▶ [EXERCISE DIRECTIONS]:
The lines from the start of the data through the line with "(took draw uuid (state started false (b" are to be returned verbatim; all later lines are to be omitted.

▶ [INFORMATION SUPPLIED]:

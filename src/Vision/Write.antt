-- ===== src/Vision/Write.antt =====
-- crates/clash-proxynet/src/vision.rs: every step of the writer keeps the account of what was sent.
use rust_clash.Common.{
  ℕ, suc, ◌+◌, ◌<◌, ◌≤◌, ◌≡◌, refl, sym, ◌∙◌, ap, Bool, true, false, List, [], ◌∷◌, ◌++◌, arith,
  length, length-append, All, take, drop, take-append-drop, take_all, length-take, length-drop, leb,
  ◌==◌, if◌then◌else◌, Bool-cases, inl, inr,
}
use mathlib.Core.Path.{subst}
use mathlib.Core.List.{append_assoc}
use rust_clash.Io.Writer.{Offer}
use rust_clash.Io.Writer.Law.{IsHonest, Takes, Offers}
use rust_clash.Vision.{cmd_end, max_frame}
use rust_clash.Vision.Frames.{Frames, Ending, frame_of, wire_of, carried, IsFrame}
use rust_clash.Vision.Uplink.{
  VisionWrite, uuid_over, max_content, stage_uplink, finish_uplink_frame, offer, took, writer,
}
use rust_clash.Vision.Sent.{command_of}
use rust_clash.Vision.Staged.{
  zeros_of, chunk_of, is_last, chunk_bounds, stage_uplink_lem, take_min, zeros_le,
}
use rust_clash.Vision.Account.{Account, cost, state, finished_Account, pending_Account}

module _ (draw : ℕ → ℕ → ℕ) (uuid : List ℕ) (sixteen : length uuid ≡ 16) where
  writing-Takes :
      (started : Bool) (b : ℕ) (left : List ℕ) (plain : ℕ) (last : Bool) (drawn : ℕ)
      (out taken rest : List ℕ) (k m : ℕ)
      → Account uuid (state started false (b ∷ left) plain last drawn) out taken rest
      → 0 < k
      → k ≤ length (b ∷ left)
      → length (b ∷ left) ≤ m
      → Takes
          (Account uuid)
          cost
          (out ++ take k (b ∷ left))
          taken
          rest
          m
          (took draw uuid (state started false (b ∷ left) plain last drawn) rest k)
  unfolding took cost finish_uplink_frame
  writing-Takes started b left plain last drawn out taken rest k m
        (fs, padding, all, free, ok, some_in, bound, e, t) g few most =
      let some_taken : (k == 0) ≡ false = ground arith in
      elim (Bool-cases (leb (length (b ∷ left)) k)) [
        | inl h ↦
            let whole = take_all (b ∷ left) k (ground arith) in
            rw (some_taken, h, whole)
              (
                omega (arith, ok.0, some_in, length-take plain rest),
                finished_Account uuid last fs out (b ∷ left) padding (take plain rest) taken all ok
                    e t drawn (drop plain rest),
              )
        | inr h ↦
            let size = length-drop k (b ∷ left) in
            let (account, price) =
              pending_Account uuid started (drop k (b ∷ left)) plain last drawn
                (out ++ take k (b ∷ left)) taken rest fs padding (ground (arith, size)) all ok
                some_in (omega (arith, size, bound))
                (append_assoc out (take k (b ∷ left)) (drop k (b ∷ left))
                  ∙ ap (λ w. out ++ w) (take-append-drop k (b ∷ left))
                  ∙ e)
                t in
            rw (some_taken, h) (account, omega (arith, price, size, g, most))
      ]

  any-Takes :
      (started : Bool) (left : List ℕ) (plain : ℕ) (last : Bool) (drawn : ℕ)
      (out taken rest : List ℕ) (k m : ℕ)
      → 0 < length left
      → Account uuid (state started false left plain last drawn) out taken rest
      → 0 < k
      → k ≤ length left
      → length left ≤ m
      → Takes
          (Account uuid)
          cost
          (out ++ take k left)
          taken
          rest
          m
          (took draw uuid (state started false left plain last drawn) rest k)
  any-Takes started [] plain last drawn out taken rest k m pos a g few most = absurd (omega arith)
  any-Takes started (b ∷ left) plain last drawn out taken rest k m pos a g few most =
      writing-Takes started b left plain last drawn out taken rest k m a g few most

  -- What was sent before a frame, with the frame behind it.
  front_lem :
      (started : Bool) (plain : ℕ) (last : Bool) (drawn : ℕ) (out taken rest frame : List ℕ)
      → Account uuid (state started false [] plain last drawn) out taken rest
      → (fs : Frames) × All IsFrame fs
        × (out ++ ((if started then [] else uuid) ++ frame)
            ≡ uuid ++ (wire_of fs Ending.open_end ++ frame))
        × (taken ≡ carried fs Ending.open_end)
        × (length (if started then [] else uuid) ≡ (if started then 0 else 16))
  front_lem true plain last drawn out taken rest frame (fs, all, pos, o, t) = (
    fs,
    all,
    ap (λ w. w ++ frame) o ∙ append_assoc uuid (wire_of fs Ending.open_end) frame,
    t,
    refl,
  )
  front_lem false plain last drawn out taken rest frame (o, t) =
      ([], tt, ap (λ w. w ++ (uuid ++ frame)) o, t, sixteen)

  staged_Account :
      (s : VisionWrite) (out taken : List ℕ) (x : ℕ) (rest : List ℕ)
      → s.left ≡ []
      → s.uplink_raw ≡ false
      → Account uuid
          (state s.uuid_sent false [] s.write_plain s.pending_end s.drawn)
          out
          taken
          (x ∷ rest)
      → (left : List ℕ) × (n : ℕ) × (final : Bool) × (stage_uplink draw uuid s (x ∷ rest)
          ≡ state s.uuid_sent false left n final (suc s.drawn))
        × Account uuid (state s.uuid_sent false left n final (suc s.drawn)) out taken (x ∷ rest)
        × (0 < length left)
        × (length left ≤ max_frame)
  staged_Account s out taken x rest none_left framed a =
      let buf = x ∷ rest in
      let chunk = chunk_of draw uuid s buf in
      let last = is_last draw uuid s buf in
      let zeros = zeros_of draw uuid s (length chunk) in
      let frame = frame_of (command_of last) chunk zeros in
      let (fs, all, e, t, over) =
        front_lem s.uuid_sent s.write_plain s.pending_end s.drawn out taken buf frame a in
      let (pos, fits, small) = chunk_bounds draw uuid s x rest in
      let fill = zeros_le draw uuid s (length chunk) in
      let left = (if s.uuid_sent then [] else uuid) ++ frame in
      let same : take (length chunk) buf ≡ chunk = take_min (max_content (uuid_over s)) buf in
      let size : length frame ≡ 5 + length chunk + length zeros =
        omega (arith, length-append chunk zeros) in
      let whole : length left ≡ length (if s.uuid_sent then [] else uuid) + length frame =
        length-append (if s.uuid_sent then [] else uuid) frame in
      let some_left : 0 < length left = omega (arith, whole, size) in
      let bound : length left ≤ max_frame = omega (arith, whole, size, over, fill, fits) in
      let ok : IsFrame (chunk, zeros) = (pos, omega (arith, fill, fits)) in
      (
        left,
        length chunk,
        last,
        stage_uplink_lem draw uuid s x rest ∙ rw framed refl,
        (pending_Account uuid s.uuid_sent left (length chunk) last (suc s.drawn) out taken buf fs
            zeros some_left all (subst (λ w. IsFrame (w, zeros)) (sym same) ok) small bound
            (e
              ∙ ap (λ w. uuid ++ (wire_of fs Ending.open_end ++ frame_of (command_of last) w zeros))
                  (sym same))
            t).0,
        some_left,
        bound,
      )

  free_Account :
      (started : Bool) (plain : ℕ) (last : Bool) (drawn : ℕ) (out taken rest more after : List ℕ)
      → Account uuid (state started true [] plain last drawn) out taken rest
      → Account uuid (state started true [] plain last drawn) (out ++ more) (taken ++ more) after
  free_Account started plain last drawn out taken rest more after
        (fs, content, padding, behind, all, ok, o, t) =
      let wire = wire_of fs Ending.open_end in
      let frame = frame_of cmd_end content padding in
      let before = carried fs Ending.open_end in
      (
        fs,
        content,
        padding,
        behind ++ more,
        all,
        ok,
        ap (λ w. w ++ more) o
            ∙ append_assoc uuid (wire ++ (frame ++ behind)) more
            ∙ ap (λ w. uuid ++ w)
                (append_assoc wire (frame ++ behind) more
                  ∙ ap (λ w. wire ++ w) (append_assoc frame behind more)),
        ap (λ w. w ++ more) t
            ∙ append_assoc before (content ++ behind) more
            ∙ ap (λ w. before ++ w) (append_assoc content behind more),
      )

  by_state :
      (started free : Bool) (left : List ℕ) (plain : ℕ) (last : Bool) (drawn : ℕ)
      (out taken : List ℕ) (x : ℕ) (rest : List ℕ)
      → Account uuid (state started free left plain last drawn) out taken (x ∷ rest)
      → Offers
          (Account uuid)
          cost
          (took draw uuid)
          out
          taken
          (x ∷ rest)
          (cost (state started free left plain last drawn) (x ∷ rest))
          (offer draw uuid (state started free left plain last drawn) (x ∷ rest))
  unfolding offer took cost
  by_state started true (b ∷ left) plain last drawn out taken x rest
        (fs, padding, all, free, ok, some_in, bound, e, t) =
      absurd cc
  by_state started false (b ∷ left) plain last drawn out taken x rest a = (
    omega arith,
    a,
    λ k g few.
        writing-Takes started b left plain last drawn out taken (x ∷ rest) k (length (b ∷ left)) a g
          few (omega arith),
  )
  by_state started true [] plain last drawn out taken x rest a = (
    omega arith,
    a,
    λ n g few. (
      g,
      free_Account started plain last drawn out taken (x ∷ rest) (take n (x ∷ rest))
          (drop n (x ∷ rest)) a,
    ),
  )
  by_state started false [] plain last drawn out taken x rest a =
      let s = state started false [] plain last drawn in
      let (left, n, final, staged, account, pos, bound) =
        staged_Account s out taken x rest refl refl a in
      let t = state started false left n final (suc drawn) in
      let next : offer draw uuid s (x ∷ rest) ≡ Offer.put left t = rw (offer, staged) refl in
      subst
        (λ o. Offers (Account uuid) cost (took draw uuid) out taken (x ∷ rest) (suc max_frame) o)
        (sym next)
        (
          pos,
          account,
          λ k g few.
              any-Takes started left n final (suc drawn) out taken (x ∷ rest) k (suc max_frame) pos
                account g few (omega (arith, bound)),
        )

  pub writer-IsHonest : IsHonest (Account uuid) cost (writer draw uuid)
  writer-IsHonest s out taken [] p a = absurd (omega arith)
  writer-IsHonest s out taken (x ∷ rest) p a =
      by_state s.uuid_sent s.uplink_raw s.left s.write_plain s.pending_end s.drawn out taken x rest
        a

▶ [EXERCISE OUTPUT]:
filename src/Vision/Write.antt
-- ===== src/Vision/Write.antt =====
-- crates/clash-proxynet/src/vision.rs: every step of the writer keeps the account of what was sent.
use rust_clash.Common.{
  ℕ, suc, ◌+◌, ◌<◌, ◌≤◌, ◌≡◌, refl, sym, ◌∙◌, ap, Bool, true, false, List, [], ◌∷◌, ◌++◌, arith,
  length, length-append, All, take, drop, take-append-drop, take_all, length-take, length-drop, leb,
  ◌==◌, if◌then◌else◌, Bool-cases, inl, inr,
}
use mathlib.Core.Path.{subst}
use mathlib.Core.List.{append_assoc}
use rust_clash.Io.Writer.{Offer}
use rust_clash.Io.Writer.Law.{IsHonest, Takes, Offers}
use rust_clash.Vision.{cmd_end, max_frame}
use rust_clash.Vision.Frames.{Frames, Ending, frame_of, wire_of, carried, IsFrame}
use rust_clash.Vision.Uplink.{
  VisionWrite, uuid_over, max_content, stage_uplink, finish_uplink_frame, offer, took, writer,
}
use rust_clash.Vision.Sent.{command_of}
use rust_clash.Vision.Staged.{
  zeros_of, chunk_of, is_last, chunk_bounds, stage_uplink_lem, take_min, zeros_le,
}
use rust_clash.Vision.Account.{Account, cost, state, finished_Account, pending_Account}

module _ (draw : ℕ → ℕ → ℕ) (uuid : List ℕ) (sixteen : length uuid ≡ 16) where
  writing-Takes :
      (started : Bool) (b : ℕ) (left : List ℕ) (plain : ℕ) (last : Bool) (drawn : ℕ)
      (out taken rest : List ℕ) (k m : ℕ)
      → Account uuid (state started false (b ∷ left) plain last drawn) out taken rest
      → 0 < k
      → k ≤ length (b ∷ left)
      → length (b ∷ left) ≤ m
      → Takes
          (Account uuid)
          cost
          (out ++ take k (b ∷ left))
          taken
          rest
          m
          (took draw uuid (state started false (b ∷ left) plain last drawn) rest k)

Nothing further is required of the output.